Mate that view is shuttlecocks. My dad taught me how to play chess by having no mercy, no "are you sure about that move", no kiddie gloves. And guess what- i learnt how to play the game, i got good at it and now i beat him hands down every time with no problem.

You learn more from a defeat the you do from a victory.

By misdirecting him you teach him a valuable lesson- don't believe your opponents advice.

You also teach him what that unit can do, so next time he encounters it he will be prepared.

Infact by being lenient on him he will believe that either he is very good or that everyone will go easy on him. Neither of these beliefs make a good player.

No mercy, No kiddie gloves, No advice (helpful or otherwise). This way he learns the game, learns what units can do, learns how to win and when he does eventually win the victory will be all the sweeter.


----------



## Hurricane (Feb 27, 2010)

As a new player, I had to face some pretty tough lists with the first army I had used (tyranids) like a trip land raider sm list and some other things like that. In any case it all depends on the new player. I have pretty thick skin and before I had played my first game I made sure to thoroughly read the codex, rulebook and online tacticas, thus I had very little problem with my friend being brutal in the game and arguing rules.

If you know the new player to perhaps be more timid or not as interested in getting into the hobby as I was then I would highly suggest playing an easier list with lighter tactics. Shoving ostentatious rules lawyering and brutal competitive tactics down their throat in the first game is just asking them to steer clear of the game if they believe those are the only people who they can play.

To summarize, ensure you know the player and how they would react to different styles of play before you bury them.


----------



## Chumbalaya (May 17, 2010)

Stella Cadente said:


> I thought the whole point in 40k was for experienced players to do things like this to new players?, so they can further improve there win ratio so at the annual willy waving contest they can seem like the bigger man because they defeated more NEWBS!!!
> 
> if thats not what 40k is about then I am truly shocked and stunned.
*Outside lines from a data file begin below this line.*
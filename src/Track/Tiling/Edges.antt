-- ===== src/Track/Tiling/Edges.antt =====
-- `enforce_loop_mode_edges` leaves every bar where it is and puts the edge modes in order.
use thaum_painter.Base.{ℕ, ◌+◌, ◌≡◌, ◌≢◌, ◌∙◌, refl, Bool}
use thaum_painter.Base.{Option, none, List, [], ◌∷◌, arith, length}
use thaum_painter.Base.Text.{Text, text_eq_iff}
use thaum_painter.Track.Block.{SharedDocumentPropertyBlock as Block}
use thaum_painter.Track.Mode.{resolve_mode, loop_out, loop_in, interpolate}
use thaum_painter.Track.Retile.{enforce_block, enforce_from}
use thaum_painter.Track.Tiling.{Chain, ApartFrom, EndsBlank, HasEdgeMode, EdgesFrom, Shows}

resolve_mode-none : resolve_mode none ≡ interpolate
unfolding resolve_mode
resolve_mode-none = refl

interpolate-ne-loop : (interpolate ≢ loop_out) × (interpolate ≢ loop_in)
interpolate-ne-loop = (λ e. cc, λ e. cc)

loop_out-ne-loop_in : loop_out ≢ loop_in
loop_out-ne-loop_in e = cc

module _ {Value : Type 0} where
  -- All of a bar but its interpretation and ease ends.
  abbrev pub Same : Block Value → Block Value → Type 0
  Same b c =
      (b.start_breath ≡ c.start_breath)
      × (b.length_breaths ≡ c.length_breaths)
      × (b.is_blank ≡ c.is_blank)
      × (b.id ≡ c.id)
      × (b.value ≡ c.value)

  pub enforce_block-Same : (last index : ℕ) (b : Block Value) → Same (enforce_block last index b) b
  unfolding enforce_block
  enforce_block-Same last index b = ground arith

  enforce_block-HasEdgeMode :
      (last index : ℕ) (b : Block Value) → HasEdgeMode last index (enforce_block last index b)
  unfolding enforce_block
  enforce_block-HasEdgeMode last index b =
      let mode = resolve_mode b.interpretation in
      let out = text_eq_iff mode loop_out in
      let into = text_eq_iff mode loop_in in
      let default = resolve_mode-none in
      (
        ground (arith, out, into, default, interpolate-ne-loop.0, loop_out-ne-loop_in),
        ground (arith, out, into, default, interpolate-ne-loop.1, loop_out-ne-loop_in),
        ground arith,
      )

  pub enforce_from-EdgesFrom :
      (last index : ℕ) (bs : List (Block Value)) → EdgesFrom last index (enforce_from last index bs)
  unfolding enforce_from
  enforce_from-EdgesFrom last index [] = tt
  enforce_from-EdgesFrom last index (b ∷ bs) =
      (enforce_block-HasEdgeMode last index b, enforce_from-EdgesFrom last (index + 1) bs)

  pub length-enforce_from :
      (last index : ℕ) (bs : List (Block Value)) → length (enforce_from last index bs) ≡ length bs
  unfolding enforce_from
  length-enforce_from last index [] = refl
  length-enforce_from last index (b ∷ bs) = omega (arith, length-enforce_from last (index + 1) bs)

  pub enforce_from-Chain :
      (last index : ℕ) (bs : List (Block Value)) (a c : ℕ)
      → Chain a c bs
      → Chain a c (enforce_from last index bs)
  unfolding enforce_from
  enforce_from-Chain last index [] a c h = h
  enforce_from-Chain last index (b ∷ bs) a c h =
      let same = enforce_block-Same last index b in
      (
        ground (arith, same.0),
        ground (arith, same.1),
        rw (same.0, same.1) (enforce_from-Chain last (index + 1) bs _ c h.2),
      )

  pub enforce_from-ApartFrom :
      (last index : ℕ) (bs : List (Block Value)) (before : Bool)
      → ApartFrom before bs
      → ApartFrom before (enforce_from last index bs)
  unfolding enforce_from
  enforce_from-ApartFrom last index [] before h = tt
  enforce_from-ApartFrom last index (b ∷ bs) before h =
      let same = enforce_block-Same last index b in
      rw same.2 (h.0, enforce_from-ApartFrom last (index + 1) bs _ h.1)

  pub enforce_from-EndsBlank :
      (last index : ℕ) (bs : List (Block Value))
      → EndsBlank bs
      → EndsBlank (enforce_from last index bs)
  unfolding enforce_from
  enforce_from-EndsBlank last index [] h = h
  enforce_from-EndsBlank last index (b ∷ []) h = (enforce_block-Same last index b).2 ∙ h
  enforce_from-EndsBlank last index (b ∷ c ∷ bs) h =
      enforce_from-EndsBlank last (index + 1) (c ∷ bs) h

  pub Shows-enforce_from :
      (last index : ℕ) (bs : List (Block Value)) (x : ℕ) (i : Text) (v : Option Value)
      → (Shows x i v (enforce_from last index bs) → Shows x i v bs)
        × (Shows x i v bs → Shows x i v (enforce_from last index bs))
  unfolding enforce_from
  Shows-enforce_from last index [] x i v = (λ h. h, λ h. h)
  Shows-enforce_from last index (b ∷ bs) x i v =
      let ih = Shows-enforce_from last (index + 1) bs x i v in
      let same = enforce_block-Same last index b in
      rw same.0 (
        rw same.1 (
          rw same.2 (rw same.3 (rw same.4 (λ h. ground (arith, ih.0), λ h. ground (arith, ih.1))))))
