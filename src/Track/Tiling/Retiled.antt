-- ===== src/Track/Tiling/Retiled.antt =====
-- What `retiled_property_track` guarantees of any stored track.
use thaum_painter.Base.{ℕ, max, ◌≤◌, ◌<◌, ◌≡◌, refl, ◌↔◌, inl, inr, Option, List, [], ◌∷◌, All}
use thaum_painter.Base.{
  false, u32_max, arith, saturating_add, saturating_add-le, saturating_add-lt, length, ◌-◌,
}
use thaum_painter.Base.Text.{Text}
use thaum_painter.Track.Block.{SharedDocumentPropertyBlock as Block}
use thaum_painter.Track.Ids.{ids_of}
use thaum_painter.Track.Retile.{clip_blocks, sort_by_start, Tiling, tile_blocks, tile_tail}
use thaum_painter.Track.Retile.{trailing_blank, enforce_from, retiled_property_track}
use thaum_painter.Track.Tiling.{Shows, FitsU32, IsTiled}
use thaum_painter.Track.Tiling.Loop.{IsTiling, tile_blocks-IsTiling, Shows-tile_blocks}
use thaum_painter.Track.Tiling.Loop.{tile_blocks-Shows}
use thaum_painter.Track.Tiling.Clip.{Within, Disjoint, clip_blocks-Within, Shows-clip_blocks}
use thaum_painter.Track.Tiling.Clip.{clip_blocks-Shows, clip_blocks-Disjoint, sort_by_start-All}
use thaum_painter.Track.Tiling.Clip.{Shows-sort_by_start, sort_by_start-Ordered}
use thaum_painter.Track.Tiling.Finish.{tile_tail-Chain, tile_tail-ApartFrom, Shows-tile_tail}
use thaum_painter.Track.Tiling.Finish.{trailing_blank-IsClosed, Shows-trailing_blank}
use thaum_painter.Track.Tiling.Edges.{enforce_from-EdgesFrom, length-enforce_from}
use thaum_painter.Track.Tiling.Edges.{enforce_from-Chain, enforce_from-ApartFrom}
use thaum_painter.Track.Tiling.Edges.{enforce_from-EndsBlank, Shows-enforce_from}

module _ {Value : Type 0} (bs : List (Block Value)) (s l : ℕ) where
  -- The end of the viewport, and the stages of the re-tiling.
  abbrev pub span_end_of : ℕ
  span_end_of = saturating_add s (max l 1)

  abbrev pub clipped : List (Block Value)
  clipped = sort_by_start (clip_blocks s bs)

  abbrev pub begun : Tiling Value
  begun = record { used = ids_of clipped; tiled = []; cursor = s }

  abbrev pub rows : Tiling Value
  rows = tile_blocks begun clipped

  abbrev pub tailed : Tiling Value
  tailed = tile_tail span_end_of rows

  abbrev pub closing : List (Block Value)
  closing = trailing_blank span_end_of tailed

  pub retiled-enforce_from :
      retiled_property_track bs s l ≡ enforce_from (length closing - 1) 0 closing
  unfolding retiled_property_track
  retiled-enforce_from = refl

  -- The result of the re-tiling, and how far its stored bars reach.
  pub record Retiles (out : List (Block Value)) : Type 0 where
    pub end : ℕ
    pub tiled : IsTiled s end out
    pub covers : span_end_of ≤ end

module _ {Value : Type 0} (bs : List (Block Value)) (s l : ℕ) (fits : All FitsU32 bs)
    (low : s < u32_max) where
  clipped-FitsU32 : All FitsU32 (clipped bs s l)
  clipped-FitsU32 = within _ (sort_by_start-All (Within s) _ (clip_blocks-Within s bs fits))
    where
      within : (cs : List (Block Value)) → All (Within s) cs → All FitsU32 cs
      within [] h = tt
      within (c ∷ cs) h = (h.0.0, within cs h.1)

  begun-IsTiling : IsTiling s (begun bs s l)
  begun-IsTiling = record { chain = refl; apart = tt; low = omega arith }

  rows-IsTiling : IsTiling s (rows bs s l)
  rows-IsTiling = tile_blocks-IsTiling (clipped bs s l) _ s clipped-FitsU32 begun-IsTiling

  -- For every track whose bars are at least one breath long and end within `u32`, overlapping or
  -- not and in any order, and every span that starts below `u32::MAX`: the re-tiled bars lie end to
  -- end from the span's start to an end at or behind the span's end, no two blanks touch, the last
  -- bar is blank, `loop_out` stands only on the last bar and `loop_in` only on the first, both on
  -- blanks, and no solid bar has an interpretation or ease ends.
  pub retiled_property_track-IsTiled : Retiles bs s l (retiled_property_track bs s l)
  retiled_property_track-IsTiled =
      let top = saturating_add-le s (max l 1) in
      let grown = saturating_add-lt s l low in
      let closed =
        trailing_blank-IsClosed (span_end_of bs s l) s
          (max (rows bs s l).cursor (span_end_of bs s l)) (tailed bs s l)
          (tile_tail-Chain (span_end_of bs s l) s (rows bs s l) top rows-IsTiling) (omega arith)
          (omega (arith, rows-IsTiling.low)) (omega arith)
          (tile_tail-ApartFrom (span_end_of bs s l) (rows bs s l) rows-IsTiling.apart) in
      let last = length (closing bs s l) - 1 in
      let out = closing bs s l in
      rw (retiled-enforce_from bs s l) (record {
        end = closed.end;
        tiled = record {
          chain = enforce_from-Chain last 0 out s closed.end closed.chain;
          apart = enforce_from-ApartFrom last 0 out false closed.apart;
          trailing = enforce_from-EndsBlank last 0 out closed.trailing;
          edges = rw (length-enforce_from last 0 out) (enforce_from-EdgesFrom last 0 out);
        };
        covers = closed.covers;
      })

  -- Re-tiling invents no content: a solid bar of the result that covers a breath stems from a solid
  -- bar of the same id and value that covered it before.
  pub Shows-retiled_property_track :
      (x : ℕ) (i : Text) (v : Option Value)
      → Shows x i v (retiled_property_track bs s l)
      → Shows x i v bs
  Shows-retiled_property_track x i v h =
      let h' = rw (retiled-enforce_from bs s l) at h in
      let closed =
        (Shows-enforce_from (length (closing bs s l) - 1) 0 (closing bs s l) x i v).0 h' in
      let tail = (Shows-trailing_blank (span_end_of bs s l) (tailed bs s l) x i v).0 closed in
      let row = (Shows-tile_tail (span_end_of bs s l) (rows bs s l) x i v).0 tail in
      elim (Shows-tile_blocks (clipped bs s l) (begun bs s l) s x i v clipped-FitsU32 begun-IsTiling
        row) [
          | inl nothing ↦ absurd nothing
          | inr k ↦
              Shows-clip_blocks s bs x i v fits ((Shows-sort_by_start (clip_blocks s bs) x i v).0 k)
        ]

  -- Of a track whose bars do not overlap, re-tiling keeps at every breath from the span's start on
  -- exactly the content that was there, whatever the order of the bars.
  pub retiled_property_track-keeps_content :
      (x : ℕ) (i : Text) (v : Option Value)
      → Disjoint bs
      → s ≤ x
      → Shows x i v (retiled_property_track bs s l) ↔ Shows x i v bs
  retiled_property_track-keeps_content x i v apart inside = (
    Shows-retiled_property_track x i v,
    λ h.
        let cut = clip_blocks-Shows s bs x i v fits inside h in
        let sorted = (Shows-sort_by_start (clip_blocks s bs) x i v).1 cut in
        let ordered =
          sort_by_start-Ordered (clip_blocks s bs) s (clip_blocks-Within s bs fits)
            (clip_blocks-Disjoint s bs fits apart) in
        let row =
          tile_blocks-Shows (clipped bs s l) (begun bs s l) s x i v clipped-FitsU32 ordered
            begun-IsTiling (inr sorted) in
        let tail = (Shows-tile_tail (span_end_of bs s l) (rows bs s l) x i v).1 row in
        let closed = (Shows-trailing_blank (span_end_of bs s l) (tailed bs s l) x i v).1 tail in
        rw (retiled-enforce_from bs s l)
          ((Shows-enforce_from (length (closing bs s l) - 1) 0 (closing bs s l) x i v).1 closed),
  )
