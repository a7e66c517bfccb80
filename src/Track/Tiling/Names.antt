-- ===== src/Track/Tiling/Names.antt =====
-- The ids of the bars through the tiling loop: those placed, those to place and those minted.
use thaum_painter.Base.{ℕ, ◌≡◌, ◌≢◌, refl, sym, inl, inr, false, List, [], ◌∷◌, ◌++◌, All}
use thaum_painter.Base.{add32, sub32, ◌∈◌, arith, Bool-cases, leb, ltb, Option-cases, ◌&&◌}
use thaum_painter.Base.Text.{Text, codes, contains, contains_iff}
use thaum_painter.Track.Block.{SharedDocumentPropertyBlock as Block, blank_block}
use thaum_painter.Track.Ids.{next_free_block_id}
use thaum_painter.Track.Ids.Fresh.{contains-next_free_block_id}
use thaum_painter.Track.Retile.{Tiling, tile_block}
use thaum_painter.Track.Retile.{tile_blocks, tile_tail, trailing_blank}
use thaum_painter.Track.Retile.{push_tiled_block, last?}

-- An id that is not used differs from every id that is.
fresh_ne : (used : List Text) (s i : Text) → contains used s ≡ false → i ∈ used → i ≢ s
fresh_ne used s i h m e = ground (arith, (contains_iff used i).1 m)

module _ {Value : Type 0} where
  -- No bar has the id `i`; the ids of the bars are distinct; they are among the used ones.
  abbrev pub Avoids : Text → List (Block Value) → Type 0
  Avoids i bs = All (λ b. i ≢ b.id) bs

  abbrev pub Distinct : List (Block Value) → Type 0
  Distinct [] = Unit
  Distinct (b ∷ bs) = Avoids b.id bs × Distinct bs

  abbrev pub Used : List Text → List (Block Value) → Type 0
  Used used bs = All (λ b. b.id ∈ used) bs

  push-All :
      (P : Text → Type 0) (bs : List (Block Value)) (b : Block Value)
      → All (λ c. P c.id) bs
      → P b.id
      → All (λ c. P c.id) (push_tiled_block bs b)
  unfolding push_tiled_block
  push-All P [] b h p = (p, tt)
  push-All P (x ∷ []) b h p = elim (Bool-cases (x.is_blank && b.is_blank)) [
    | inl e ↦ rw e h
    | inr e ↦ rw e (h.0, (p, tt))
  ]
  push-All P (x ∷ y ∷ r) b h p = (h.0, push-All P (y ∷ r) b h.1 p)

  push-Distinct :
      (bs : List (Block Value)) (b : Block Value)
      → Distinct bs
      → All (λ c. c.id ≢ b.id) bs
      → Distinct (push_tiled_block bs b)
  unfolding push_tiled_block
  push-Distinct [] b d h = (tt, tt)
  push-Distinct (x ∷ []) b d h = elim (Bool-cases (x.is_blank && b.is_blank)) [
    | inl e ↦ rw e (tt, tt)
    | inr e ↦ rw e ((h.0, tt), (tt, tt))
  ]
  push-Distinct (x ∷ y ∷ r) b d h =
      (push-All (λ i. x.id ≢ i) (y ∷ r) b d.0 h.0, push-Distinct (y ∷ r) b d.1 h.1)

  pub All-imp :
      (P Q : Block Value → Type 0) (bs : List (Block Value))
      → ((b : Block Value) → P b → Q b)
      → All P bs
      → All Q bs
  All-imp P Q [] f h = tt
  All-imp P Q (b ∷ bs) f h = (f b h.0, All-imp P Q bs f h.1)

  Used-Avoids :
      (used : List Text) (s : Text) (bs : List (Block Value))
      → contains used s ≡ false
      → Used used bs
      → All (λ c. c.id ≢ s) bs × Avoids s bs
  Used-Avoids used s bs h u = (
    All-imp _ _ bs (λ c m. fresh_ne used s c.id h m) u,
    All-imp _ _ bs (λ c m e. fresh_ne used s c.id h m (sym e)) u,
  )

  -- The ids of the bars placed so far and of those still to place.
  pub record IsNamed (t : Tiling Value) (rest : List (Block Value)) : Type 0 where
    pub placed : Distinct t.tiled
    pub waiting : Distinct rest
    pub across : All (λ c. Avoids c.id rest) t.tiled
    pub known : Used t.used t.tiled
    pub coming : Used t.used rest

  IsNamed-push :
      (t : Tiling Value) (b : Block Value) (rest : List (Block Value)) (n : ℕ)
      → IsNamed t (b ∷ rest)
      → IsNamed (record { used = t.used; tiled = push_tiled_block t.tiled b; cursor = n }) rest
  IsNamed-push t b rest n i = record {
    placed = push-Distinct t.tiled b i.placed (All-imp _ _ t.tiled (λ c h. h.0) i.across);
    waiting = i.waiting.1;
    across =
        push-All (λ s. Avoids s rest) t.tiled b (All-imp _ _ t.tiled (λ c h. h.1) i.across)
          i.waiting.0;
    known = push-All (λ s. s ∈ t.used) t.tiled b i.known i.coming.0;
    coming = i.coming.1;
  }

  -- A minted blank joins the bars to place.
  IsNamed-mint :
      (t : Tiling Value) (s : Text) (start len : ℕ) (rest : List (Block Value))
      → contains t.used s ≡ false
      → IsNamed t rest
      → IsNamed
          (record { used = s ∷ t.used; tiled = t.tiled; cursor = t.cursor })
          (blank_block s start len ∷ rest)
  IsNamed-mint t s start len rest fresh i =
      let placed = Used-Avoids t.used s t.tiled fresh i.known in
      let coming = Used-Avoids t.used s rest fresh i.coming in
      record {
        placed = i.placed;
        waiting = (coming.1, i.waiting);
        across = both t.tiled placed.0 i.across;
        known = All-imp _ _ t.tiled (λ c m. inr m) i.known;
        coming = (inl refl, All-imp _ _ rest (λ c m. inr m) i.coming);
      }
    where
      both :
          (bs : List (Block Value))
          → All (λ c. c.id ≢ s) bs
          → All (λ c. Avoids c.id rest) bs
          → All (λ c. Avoids c.id (blank_block s start len ∷ rest)) bs
      both [] h k = tt
      both (c ∷ cs) h k = ((h.0, k.0), both cs h.1 k.1)

  tile_block-IsNamed :
      (t : Tiling Value) (b : Block Value) (rest : List (Block Value))
      → IsNamed t (b ∷ rest)
      → IsNamed (tile_block t b) rest
  unfolding tile_block
  tile_block-IsNamed t b rest i =
      elim (Bool-cases (leb (add32 b.start_breath b.length_breaths) t.cursor)) [
        | inl covered ↦ rw covered (record {
          placed = i.placed;
          waiting = i.waiting.1;
          across = All-imp _ _ t.tiled (λ c h. h.1) i.across;
          known = i.known;
          coming = i.coming.1;
        })
        | inr open_end ↦ elim (Bool-cases (ltb t.cursor b.start_breath)) [
          | inl gap ↦
              let s = next_free_block_id t.used t.tiled in
              let fresh = contains-next_free_block_id t.used t.tiled in
              let len = sub32 b.start_breath t.cursor in
              let minted = IsNamed-mint t s t.cursor len (b ∷ rest) fresh i in
              let u : Tiling Value = record {
                used = s ∷ t.used;
                tiled = t.tiled;
                cursor = t.cursor;
              } in
              let v : Tiling Value = record {
                used = s ∷ t.used;
                tiled = push_tiled_block t.tiled (blank_block s t.cursor len);
                cursor = t.cursor;
              } in
              rw (open_end, gap)
                (IsNamed-push v b rest _
                  (IsNamed-push u (blank_block s t.cursor len) (b ∷ rest) t.cursor minted))
          | inr no_gap ↦
              let end = add32 b.start_breath b.length_breaths in
              rw (open_end, no_gap)
                (IsNamed-push t
                  (record b { start_breath = t.cursor; length_breaths = sub32 end t.cursor }) rest _
                  (record {
                    placed = i.placed;
                    waiting = i.waiting;
                    across = i.across;
                    known = i.known;
                    coming = i.coming;
                  }))
        ]
      ]

  pub tile_blocks-IsNamed :
      (bs : List (Block Value)) (t : Tiling Value) → IsNamed t bs → IsNamed (tile_blocks t bs) []
  unfolding tile_blocks
  tile_blocks-IsNamed [] t i = i
  tile_blocks-IsNamed (b ∷ bs) t i =
      tile_blocks-IsNamed bs (tile_block t b) (tile_block-IsNamed t b bs i)

  pub tile_tail-IsNamed :
      (span_end : ℕ) (t : Tiling Value) → IsNamed t [] → IsNamed (tile_tail span_end t) []
  unfolding tile_tail
  tile_tail-IsNamed e t i = elim (Bool-cases (ltb t.cursor e)) [
    | inl less ↦
        let s = next_free_block_id t.used t.tiled in
        let fresh = contains-next_free_block_id t.used t.tiled in
        let u : Tiling Value = record { used = s ∷ t.used; tiled = t.tiled; cursor = t.cursor } in
        rw less (
          IsNamed-push u (blank_block s t.cursor (sub32 e t.cursor)) [] t.cursor
            (IsNamed-mint t s t.cursor (sub32 e t.cursor) [] fresh i))
    | inr more ↦ rw more i
  ]

  Distinct-append :
      (bs : List (Block Value)) (b : Block Value)
      → Distinct bs
      → All (λ c. c.id ≢ b.id) bs
      → Distinct (bs ++ b ∷ [])
  Distinct-append [] b d h = (tt, tt)
  Distinct-append (c ∷ bs) b d h = (snoc bs d.0, Distinct-append bs b d.1 h.1)
    where
      snoc : (cs : List (Block Value)) → Avoids c.id cs → Avoids c.id (cs ++ b ∷ [])
      snoc [] k = (h.0, tt)
      snoc (e ∷ cs) k = (k.0, snoc cs k.1)

  pub trailing_blank-Distinct :
      (span_end : ℕ) (t : Tiling Value) → IsNamed t [] → Distinct (trailing_blank span_end t)
  unfolding trailing_blank
  trailing_blank-Distinct e t i = elim (Option-cases (last? t.tiled)) [
    | inl nothing ↦ rw (nothing, trailing_blank) i.placed
    | inr (last, found) ↦ elim (Bool-cases last.is_blank) [
      | inl blank ↦ rw (found, blank, trailing_blank) i.placed
      | inr solid ↦ elim (Bool-cases (contains t.used (codes "tail"))) [
        | inl taken ↦
            let fresh = contains-next_free_block_id t.used t.tiled in
            rw (found, solid, taken, trailing_blank)
              (Distinct-append t.tiled _ i.placed
                (Used-Avoids t.used (next_free_block_id t.used t.tiled) t.tiled fresh i.known).0)
        | inr free ↦
            rw (found, solid, free, trailing_blank)
              (Distinct-append t.tiled _ i.placed
                (Used-Avoids t.used (codes "tail") t.tiled free i.known).0)
      ]
    ]
  ]
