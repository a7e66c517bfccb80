-- ===== src/History/Opened.antt =====
-- A runtime opened on a document, and the replay of a log (domain/file/storage/storage.rs).
use thaum_painter.Base.{none, some, List, [], ◌∷◌, map}
use thaum_painter.Base.Text.{Text, codes, text_Eq}
use thaum_painter.Base.Map.{insert}
use thaum_painter.Cell.{Renderer, Canvas}
use thaum_painter.Track.Block.{
  SharedDocumentPropertyBlock as Block, SharedDocumentPropertyTrack as Track,
}
use thaum_painter.Track.Retile.{retiled_property_track}
use thaum_painter.Document.{
  SharedDocumentLayer as Layer, CanvasKey, key_Eq, find, of_layer, with_canvases,
}
use thaum_painter.History.{SharedDocumentActionRecord as Record, HistoryRuntime, DocumentWindow}
use thaum_painter.History.Apply.{replay_onto}

module _ {Value : Type 0} where
  -- Every track tiled over the span of its layer.
  unfoldable pub normalized_layer : Layer Value → Layer Value
  unfolding retiled_property_track
  normalized_layer layer = record layer {
    property_tracks =
        map
          (λ (track : Track Value). record track {
            blocks = retiled_property_track track.blocks layer.start_breath layer.length_breaths;
          })
          layer.property_tracks;
  }

module _ {R : Renderer} {Value : Type 0} where
  -- One empty canvas for each bar of the raster track.
  unfoldable pub empty_canvases :
      Text → List (Block Value) → List (CanvasKey × Canvas R) → List (CanvasKey × Canvas R)
  unfolding insert
  empty_canvases layer_id [] canvases = canvases
  empty_canvases layer_id (block ∷ blocks) canvases =
      empty_canvases layer_id blocks (insert (layer_id, codes "raster", block.id) [] canvases)

  -- The loop of `new` over the layers.
  unfoldable pub open_layers : List (Layer Value) → HistoryRuntime R Value → HistoryRuntime R Value
  unfolding find insert empty_canvases
  open_layers [] r = r
  open_layers (layer ∷ layers) r = open_layers layers (record r {
    document = elim (of_layer (codes "raster") (some layer)) [
      | none ↦ r.document
      | some track ↦
          with_canvases r.document
            (empty_canvases layer.layer_id track.blocks r.document.block_canvases)
    ];
    applied_action_ids_by_layer = insert layer.layer_id [] r.applied_action_ids_by_layer;
    undone_action_ids_by_layer = insert layer.layer_id [] r.undone_action_ids_by_layer;
  })

  unfoldable pub new : Text → List (Layer Value) → DocumentWindow → HistoryRuntime R Value
  unfolding normalized_layer open_layers
  new document_id layers window =
      let normalized : List (Layer Value) = map normalized_layer layers in
      open_layers normalized (record {
        document = record { layers = normalized; block_canvases = [] };
        document_id = document_id;
        document_window = window;
        actions = [];
        applied_action_ids_by_layer = [];
        undone_action_ids_by_layer = [];
        patches_by_action_id = [];
        baseline = [];
        squashed_through = 0;
      })

  unfoldable pub replay :
      Text → List (Layer Value) → DocumentWindow → List (Record Value) → HistoryRuntime R Value
  unfolding new replay_onto
  replay document_id layers window entries = replay_onto (new document_id layers window) entries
Bingo. If you aren't clubbing seals, you're doing it wrong.


----------



## Katie Drake (Nov 28, 2007)

Chumbalaya said:


> Bingo. If you aren't clubbing seals, you're doing it wrong.


Actually guys, it's about _puppy_ stomping. While they're on a leash.


----------



## Crimzzen (Jul 9, 2008)

I dunno,

I play full disclosure. You can ask me about any one of my units and I'll tell you their statlines, special abilities, etc. I won't tell you tactics or anything like that but I find this makes me a stronger player (not relying on your opponents not having read about your units).


----------



## Katie Drake (Nov 28, 2007)

Crimzzen said:


> I dunno,
> 
> I play full disclosure. You can ask me about any one of my units and I'll tell you their statlines, special abilities, etc. I won't tell you tactics or anything like that but I find this makes me a stronger player (not relying on your opponents not having read about your units).


It's not about keeping secrets. The rulebook mentions that people _should_ be playing with full disclosure in the same way that you describe.


----------



## Aramoro (Oct 7, 2009)

I find trying to play psychology tricks on your opponent takes away from valuable beer drinking time. That's why the game is taken in turns after all. Stomping on new players or trying to trick them is just a little bit tragic. I mean I know man-barbies are serious business but come on. 

Aramoro


----------



## Stella Cadente (Dec 25, 2006)

Katie Drake said:


> Actually guys, it's about _puppy_ stomping. While they're on a leash.


I always thought it was like beating a puppy on a leash using the seal as the club and then stomping the seal.


Katie Drake said:


> It's not about keeping secrets. The rulebook mentions that people should be playing with full disclosure in the same way that you describe.


but that means you actually have a to play like a decent human being :shok:

how can you beat on new players to enlarge your ego doing that?????


----------



## Wolf_Lord_Skoll (Jun 9, 2008)

I think there's a line. 

Throwing a dozen threats at your enemy at once and hoping he makes a target priority mistake could be considered using psychology.

Intentionally misleading a player, especially a new player, is going down the complete wrong path and shows an a weakness in the confidence in your playing skills.


----------



## Schizofen (Mar 11, 2009)

I pretty much do the opposite of this when playing one of my weaker friends. I'll make the best list I can and play as well as I can, but we tend to think out loud a lot and if he's getting really scared of an unscary unit, I'll tell him why he's overreacting and sugest what he should be scared of. Normally he ignores my advice so I follow through and prove what I was saying, but he's learning and the games are getting closer, which is good.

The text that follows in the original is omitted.